Как-то раз я пришел на родительское собрание в японскую школу, где учился мой ребенок. Из родителей, как и у нас, в России, в основном мамаши. Мужиков только двое — я и ещё один японец.
Было начало нового учебного года, поэтому сначала учительница всех поздравила, сказав пламенную речь о том, что теперь наши дети вроде, как и не дети, а вполне взрослые и где-то даже самостоятельные люди! Японские лица начали потихоньку светиться от восторга за своих детишек. Родители, оказывается, просто и не заметили, что их чада вышли из щенячьего возраста, да и никто им об этом раньше не говорил. "Ещё бы им заметить, — подумал я — если они сами пребывают примерно в таком же состоянии". Процесс взросления в Японии наступает после сорока, а до этого времени японцы — это почти то же самое, что наши в 18-20 лет. Но к этому я привык, и пока ничему не удивился. Самое интересное началось дальше.

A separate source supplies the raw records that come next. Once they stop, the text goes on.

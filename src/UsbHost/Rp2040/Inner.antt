-- ===== src/UsbHost/Rp2040/Inner.antt =====
-- cotton-usb-host/src/host/rp2040.rs: `control_transfer_inner`, the packets of one transfer.
pub mod Completes
pub mod InSafe
pub mod Keeps
use cotton.Prelude.{
  ℕ, suc, ◌+◌, ◌-◌, ◌*◌, ◌^◌, Bool, true, false, not, Option, none, some, List, [], ◌∷◌, ◌++◌, ◌==◌,
  ltb, if◌then◌else◌,
}
use cotton.Prelude.Outcome.{Outcome, returns, panics, ◌>>=◌, ◌>>◌}
use cotton.Prelude.Result.{Result, ok, err}
use cotton.UsbHost.HostController.{UsbError}
use cotton.UsbHost.Rp2040.Dpram.{Dpram}
use cotton.UsbHost.Rp2040.Packetiser.{Packetiser}
use cotton.UsbHost.Rp2040.Depacketiser.{Depacketiser}
use cotton.UsbHost.Rp2040.Pac.{
  sie_ctrl, sie_status, inte, buff_status, addr_endp, nak_poll, epx_control, EndpointType, Field,
  Setting, set_bit, clear_bit, bit, bits, kind, all, Pac,
}
use cotton.UsbHost.Rp2040.Polls.{Progress, ready, pending, panicked, Async, at_once}
use cotton.UsbHost.Rp2040.Transfer.{
  Direction, is_in, Usb, Inner, when, errors, no_errors, packets_of, clear_buffers, write, modify,
  error_of, poll,
}

module _ {H W P D : Type 0} (packets : Packetiser P) where
  abbrev pub prepared : Inner P D → Usb H W → Bool × P × Dpram → Inner P D × Usb H W
  prepared i s (true, p, d) =
      (record i { packetiser = p; in_flight = i.in_flight + 1 }, record s { dpram = d })
  prepared i s (false, p, d) = (record i { packetiser = p }, record s { dpram = d })

  -- `if in_flight < 2 && packetiser.prepare(…) { in_flight += 1; }`
  unfoldable pub prepare_one : Inner P D × Usb H W → Outcome (Inner P D × Usb H W)
  prepare_one (i, s) =
      if ltb i.in_flight 2
      then (packets.prepare i.packetiser s.dpram >>= λ r. returns (prepared i s r))
      else returns (i, s)

module _ {P D : Type 0} where
  abbrev pub retired : Inner P D → Bool × D → Inner P D
  retired i (true, d) = record i { depacketiser = d; in_flight = i.in_flight - 1 }
  retired i (false, d) = record i { depacketiser = d }

module _ {H W P D : Type 0} (depackets : Depacketiser D) where
  -- `if in_flight > 0 && depacketiser.retire(…) { in_flight -= 1; }`
  unfoldable pub retire_one : Inner P D × Usb H W → Outcome (Inner P D × Usb H W)
  retire_one (i, s) =
      if ltb 0 i.in_flight
      then (depackets.retire i.depacketiser s.dpram >>= λ r. returns (retired i r, s))
      else returns (i, s)

module _ {H W : Type 0} (pac : Pac H W) where
  -- The registers that are written once, before the loop.
  unfoldable pub start_transfer : ℕ → ℕ → ℕ → Usb H W → Usb H W
  start_transfer address endpoint packets s =
      write pac nak_poll (bits Field.delay_fs 10 ∷ bits Field.delay_ls 16 ∷ []) (
        write pac addr_endp (bits Field.endpoint endpoint ∷ bits Field.address address ∷ []) (
          write pac sie_status (all (2 ^ 32 - 1) ∷ []) (
            clear_buffers (
              write pac epx_control
                (bits Field.buffer_address 384
                    ∷ when (ltb 1 packets)
                        (set_bit Field.double_buffered ∷ set_bit Field.interrupt_per_buff ∷ [])
                  ++ kind (if endpoint == 0 then EndpointType.control else EndpointType.bulk)
                    ∷ set_bit Field.enable
                    ∷ [])
                s))))

  -- The interrupts that the loop waits for.
  abbrev pub enable_interrupts : ℕ → Usb H W → Usb H W
  enable_interrupts packets s =
      modify pac inte (when (ltb 2 packets) (set_bit Field.buff_status_field ∷ []) ++ errors)
        (write pac buff_status (all 3 ∷ []) (write pac sie_status (all (255 * 2 ^ 24) ∷ []) s))

  abbrev pub start : Direction → Bool → Usb H W → Usb H W
  start direction true s = s
  start direction false s = modify pac sie_ctrl (set_bit Field.start_trans ∷ []) (
      modify pac sie_ctrl
        (bit Field.receive_data (is_in direction)
          ∷ bit Field.send_data (not (is_in direction))
          ∷ clear_bit Field.send_setup
          ∷ [])
        s)

  abbrev pub disable_interrupts : Usb H W → Usb H W
  disable_interrupts s = modify pac inte no_errors (write pac buff_status (all 3 ∷ []) s)

module _ {H W P D : Type 0} (pac : Pac H W) (packetiser : Packetiser P)
    (depacketiser : Depacketiser D) where
  -- The top of the loop, down to the await.
  unfoldable pub enter : Direction → ℕ → Inner P D × Usb H W → Outcome (Inner P D × Usb H W)
  enter direction packets r = do
    r ← prepare_one packetiser r
    r ← prepare_one packetiser r
    returns (record r.0 { started = true }, begin r)
    where
      begin : Inner P D × Usb H W → Usb H W
      begin r = start pac direction r.0.started (enable_interrupts pac packets r.1)

  -- The end of the loop's body.
  unfoldable pub retire_both : Inner P D × Usb H W → Outcome (Inner P D × Usb H W)
  retire_both r = retire_one depacketiser r >>= retire_one depacketiser

  -- After `trans_complete`: the code does not count `in_flight` any further at the last `retire`.
  unfoldable pub finish : Inner P D × Usb H W → Outcome (Inner P D × Usb H W)
  finish r = do
    r ← retire_one depacketiser r
    retire_one depacketiser (r.0, write pac sie_status (all (255 * 2 ^ 24) ∷ []) r.1)

  module _ (task : W) (direction : Direction) (packets : ℕ) where
    abbrev pub Run : Type 0
    Run = Progress (Usb H W) (Result UsbError (Unit {0}) × Inner P D)

    abbrev pub resume : (Inner P D × Usb H W → Run) → Outcome (Inner P D × Usb H W) → Run
    resume again (returns r) = again r
    resume again panics = panicked

    abbrev pub completed : List (Usb H W → Usb H W) → Outcome (Inner P D × Usb H W) → Run
    completed later (returns (i, s)) = ready (ok tt, i) later s
    completed later panics = panicked

    abbrev pub failed :
        (Inner P D × Usb H W → Run)
        → List (Usb H W → Usb H W)
        → Inner P D × Usb H W
        → Option UsbError
        → Run
    failed again later r (some e) = ready (err e, r.0) later r.1
    failed again later r none = resume again (retire_both r >>= enter direction packets)

    abbrev pub awaited :
        (Inner P D × Usb H W → Run)
        → List (Usb H W → Usb H W)
        → Inner P D
        → Option ℕ × Usb H W
        → Run
    awaited again later i (none, s) = again (i, s)
    awaited again later i (some status, s) =
        if pac.flag Field.trans_complete status
        then completed later (finish (i, disable_interrupts pac s))
        else failed again later (i, disable_interrupts pac s) (error_of pac status)

    -- The loop, from its await on.
    unfoldable pub await_packets : List (Usb H W → Usb H W) → Inner P D × Usb H W → Run
    await_packets [] (i, s) = pending s
    await_packets (world ∷ later) (i, s) =
        awaited (await_packets later) later i (poll pac task (world s))

  module _ (task : W) where
    abbrev pub run_packets :
        ℕ → ℕ → Direction → P → D → ℕ → Async (Usb H W) (Result UsbError (Unit {0}) × Inner P D)
    run_packets address endpoint direction p d packets later s =
        resume task direction packets (await_packets task direction packets later) (
          enter direction packets (
            record { packetiser = p; depacketiser = d; in_flight = 0; started = false },
            start_transfer pac address endpoint packets s,
          ))

    abbrev pub counted :
        ℕ
        → ℕ
        → Direction
        → P
        → D
        → Outcome ℕ
        → Async (Usb H W) (Result UsbError (Unit {0}) × Inner P D)
    counted address endpoint direction p d (returns packets) later s =
        run_packets address endpoint direction p d packets later s
    counted address endpoint direction p d panics later s = panicked

    unfoldable pub control_transfer_inner :
        ℕ → ℕ → ℕ → Direction → ℕ → P → D → Async (Usb H W) (Result UsbError (Unit {0}) × Inner P D)
    control_transfer_inner address endpoint packet_size direction size p d =
        counted address endpoint direction p d (packets_of size packet_size)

Учительница решила прочитать для всех стишок, который написала одна девятилетняя девочка. Прочитала. Сюжет стихотворения заключался в следующем: один маленький мальчик спёр из магазина жвачку. Его мамаша, узнав об этом, горько рыдала три дня и три ночи. Пацан, осознав, что был не прав, тоже пустился в плач и признал, что он плохой. Всё.

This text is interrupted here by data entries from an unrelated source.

-- ===== src/UsbHost/Rp2040/Pipes.antt =====
-- cotton-usb-host/src/host/rp2040.rs: the pipes, shared out by the pools of `UsbStatics`, and the
-- chip's state when the program takes it over.
use cotton.Prelude.{ℕ, ◌+◌, Bool, true, false, Option, none, some, [], ◌∷◌, if◌then◌else◌}
use cotton.Prelude.Outcome
use cotton.Prelude.Outcome.{Outcome, returns, panics}
use cotton.UsbHost.Pool.{Pool, new, poll, try_alloc, dealloc_internal}
use cotton.UsbHost.Rp2040.Dpram.{Dpram}
use cotton.UsbHost.Rp2040.Pac.{
  reset, usb_muxing, usb_pwr, main_ctrl, sie_ctrl, inte, Field, set_bit, clear_bit, EndpointType,
  control, isochronous, bulk, interrupt, Pac,
}
use cotton.UsbHost.Rp2040.Polls.{Async, ◌>>=◌, ret, sync, wait}
use cotton.UsbHost.Rp2040.Transfer.{Usb, write, modify, on_regs}

-- `pooled` is the number in the pool that the pipe gives back when it is dropped.
pub record Pipe : Type 0 where
  pub pooled : ℕ
  pub which : ℕ

unfoldable pub new_pipe : ℕ → ℕ → Pipe
new_pipe pooled offset = record { pooled = pooled; which = pooled + offset }

abbrev pub is_control : EndpointType → Bool
is_control control = true
is_control isochronous = false
is_control bulk = false
is_control interrupt = false

abbrev pub new_pipe? : ℕ → Option ℕ → Option Pipe
new_pipe? offset none = none
new_pipe? offset (some n) = some (new_pipe n offset)

module _ {H W : Type 0} where
  abbrev pub set_control_pipes : Usb H W → Option ℕ × Pool W → Option Pipe × Usb H W
  set_control_pipes s (n, p) = (new_pipe? 0 n, record s { control_pipes = p })

  abbrev pub set_bulk_pipes : Usb H W → Option ℕ × Pool W → Option Pipe × Usb H W
  set_bulk_pipes s (n, p) = (new_pipe? 1 n, record s { bulk_pipes = p })

  -- The await of `Pool::alloc`, for the task `task`.
  unfoldable pub poll_pipe : W → EndpointType → Usb H W → Outcome (Option Pipe × Usb H W)
  poll_pipe task ty s =
      if is_control ty
      then Outcome.◌>>=◌ (poll s.control_pipes task) (λ r. returns (set_control_pipes s r))
      else Outcome.◌>>=◌ (poll s.bulk_pipes task) (λ r. returns (set_bulk_pipes s r))

  unfoldable pub alloc_pipe : W → EndpointType → Async (Usb H W) Pipe
  alloc_pipe task ty = wait (poll_pipe task ty)

  unfoldable pub try_alloc_pipe : EndpointType → Usb H W → Outcome (Option Pipe × Usb H W)
  try_alloc_pipe ty s =
      if is_control ty
      then Outcome.◌>>=◌ (try_alloc s.control_pipes) (λ r. returns (set_control_pipes s r))
      else Outcome.◌>>=◌ (try_alloc s.bulk_pipes) (λ r. returns (set_bulk_pipes s r))

  -- The drop of a control pipe.
  unfoldable pub drop_pipe : Pipe → Usb H W → Outcome (Unit {0} × Usb H W)
  drop_pipe pipe s =
      Outcome.◌>>=◌ (dealloc_internal s.control_pipes pipe.pooled)
        (λ r. returns (tt, record s { control_pipes = r.1 }))

  -- `let _pipe = self.alloc_pipe(EndpointType::Control).await;` and the rest of the function.
  unfoldable pub with_pipe : {A : Type 0} → W → Async (Usb H W) A → Async (Usb H W) A
  with_pipe task body = do
    pipe ← alloc_pipe task control
    a ← body
    _ ← sync (drop_pipe pipe)
    ret a

-- `UsbStatics::new`: the bulk pipes and the control pipe.
unfoldable pub new_pools : {W : Type 0} → Outcome (Pool W × Pool W)
new_pools =
    Outcome.◌>>=◌ (new 15)
      (λ bulk_pipes. Outcome.◌>>=◌ (new 1) (λ pipes. returns (bulk_pipes, pipes)))

-- `Rp2040HostController::new`.
unfoldable pub new_controller :
    {H W : Type 0} (pac : Pac H W) → H → Dpram → Pool W × Pool W → Usb H W
new_controller pac h dpram pools = write pac inte (set_bit Field.host_conn_dis ∷ []) (
    on_regs pac.unpend_and_unmask (
      write pac sie_ctrl
        (set_bit Field.pulldown_en
          ∷ set_bit Field.vbus_en
          ∷ set_bit Field.keep_alive_en
          ∷ set_bit Field.sof_en
          ∷ [])
        (modify pac main_ctrl
          (clear_bit Field.sim_timing
            ∷ set_bit Field.host_ndevice
            ∷ set_bit Field.controller_en
            ∷ [])
          (modify pac usb_pwr
            (set_bit Field.vbus_detect ∷ set_bit Field.vbus_detect_override_en ∷ [])
            (modify pac usb_muxing (set_bit Field.to_phy ∷ set_bit Field.softcon ∷ []) (
              modify pac reset (clear_bit Field.usbctrl ∷ []) (
                modify pac reset (set_bit Field.usbctrl ∷ []) (record {
                  regs = h;
                  dpram = dpram;
                  control_pipes = pools.1;
                  bulk_pipes = pools.0;
                }))))))))
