-- ===== src/Cpu/Set.antt =====
-- `CpuSet` of AppOpt/src/cpuset.rs: sixteen 64-bit words, laid out as `cpu_set_t`.
pub mod Laws
pub mod Count
use app_opt.Base.{
  ℕ, zero, suc, ◌+◌, ◌/◌, ◌%◌, ◌^◌, Bool, true, false, ◌&&◌, List, [], ◌∷◌, ltb, ◌==◌,
  if◌then◌else◌, get_or, replicate, bit_or,
}
use app_opt.Base.{set as write}
use app_opt.Base.Bits.{test_bit}

abbrev pub cpu_setsize : ℕ
cpu_setsize = 1024

abbrev pub cpu_word_bits : ℕ
cpu_word_bits = 64

abbrev pub cpu_words : ℕ
cpu_words = cpu_setsize / cpu_word_bits

pub record CpuSet : Type 0 where
  pub bits : List ℕ

unfoldable pub new : CpuSet
new = record { bits = replicate cpu_words 0 }

-- `bits[cpu / 64] |= 1 << (cpu % 64)`, when the CPU is in range.
unfoldable pub set : CpuSet → ℕ → CpuSet
set s cpu =
    if ltb cpu cpu_setsize
    then record s {
      bits =
          write s.bits (cpu / cpu_word_bits)
            (bit_or (get_or s.bits (cpu / cpu_word_bits) 0) (2 ^ (cpu % cpu_word_bits)));
    }
    else s

unfoldable pub is_set : CpuSet → ℕ → Bool
is_set s cpu =
    ltb cpu cpu_setsize && test_bit (get_or s.bits (cpu / cpu_word_bits) 0) (cpu % cpu_word_bits)

-- `u64::count_ones`, over the first `n` bits.
unfoldable pub count_ones : ℕ → ℕ → ℕ
count_ones zero w = 0
count_ones (suc n) w = w % 2 + count_ones n (w / 2)

unfoldable pub count_words : List ℕ → ℕ
count_words [] = 0
count_words (w ∷ ws) = count_ones cpu_word_bits w + count_words ws

unfoldable pub count : CpuSet → ℕ
unfolding count_words
count s = count_words s.bits

-- `zip` stops at the shorter list, and the rest of the left one stays.
unfoldable pub or_words : List ℕ → List ℕ → List ℕ
or_words [] other = []
or_words (d ∷ ds) [] = d ∷ ds
or_words (d ∷ ds) (s ∷ ss) = bit_or d s ∷ or_words ds ss

unfoldable pub or : CpuSet → CpuSet → CpuSet
unfolding or_words
or s other = record { bits = or_words s.bits other.bits }

unfoldable pub eq_words : List ℕ → List ℕ → Bool
eq_words [] [] = true
eq_words (x ∷ xs) (y ∷ ys) = x == y && eq_words xs ys
eq_words _ _ = false

-- The derived `PartialEq`.
unfoldable pub eq_set : CpuSet → CpuSet → Bool
unfolding eq_words
eq_set a b = eq_words a.bits b.bits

Смысл cостоял в том, что до собрания эту душераздирающую историю слушали наши дети, и каждый написал свои впечатления. Все написали правильно — мол, этот негодник всё осознал и больше так не будет. Но как только закончилась декламация для родителей, учительница попросила поделиться своими впечатлениями и нас. Слово взял второй папаша, сидевший у меня за спиной.
Говорил он минут пять. Основное содержание выступления "самурая" сводилось к тому, что пока мы - родители всё время заняты на работе, наша дорогая учительница, занимается с нашими детишками не покладая рук, за что ей большое человеческое спасибо. И без того путаная речь японца без конца сбивалась, все время возникали какие-то паузы. Когда, потеряв, терпение, я решил узнать, в чём же дело, я обернулся и посмотрел на него. Лучше бы я этого не делал!
Из глаз его неудержимым потоком струились слезы, он был весь в соплях, и вскоре просто зарыдал в голос. Через мгновенье рыдать и всхлипывать начали все – весь родительский класс! Как я удержался, чтобы не заржать (именно "заржать", а не засмеяться) глядя на это, до сих пор не понимаю!
Я так и не знаю, чем кончилось то собрание. Не выдержав вселенского потопа, я покинул аудиторию и, похоже, моего ухода никто не заметил. Ну а я еще долго потом подозрительно косился на «самураев», достающих из карманов носовые платки – не начитались ли он детских стихотворений?
Андрей Москвин
«Японский журнал»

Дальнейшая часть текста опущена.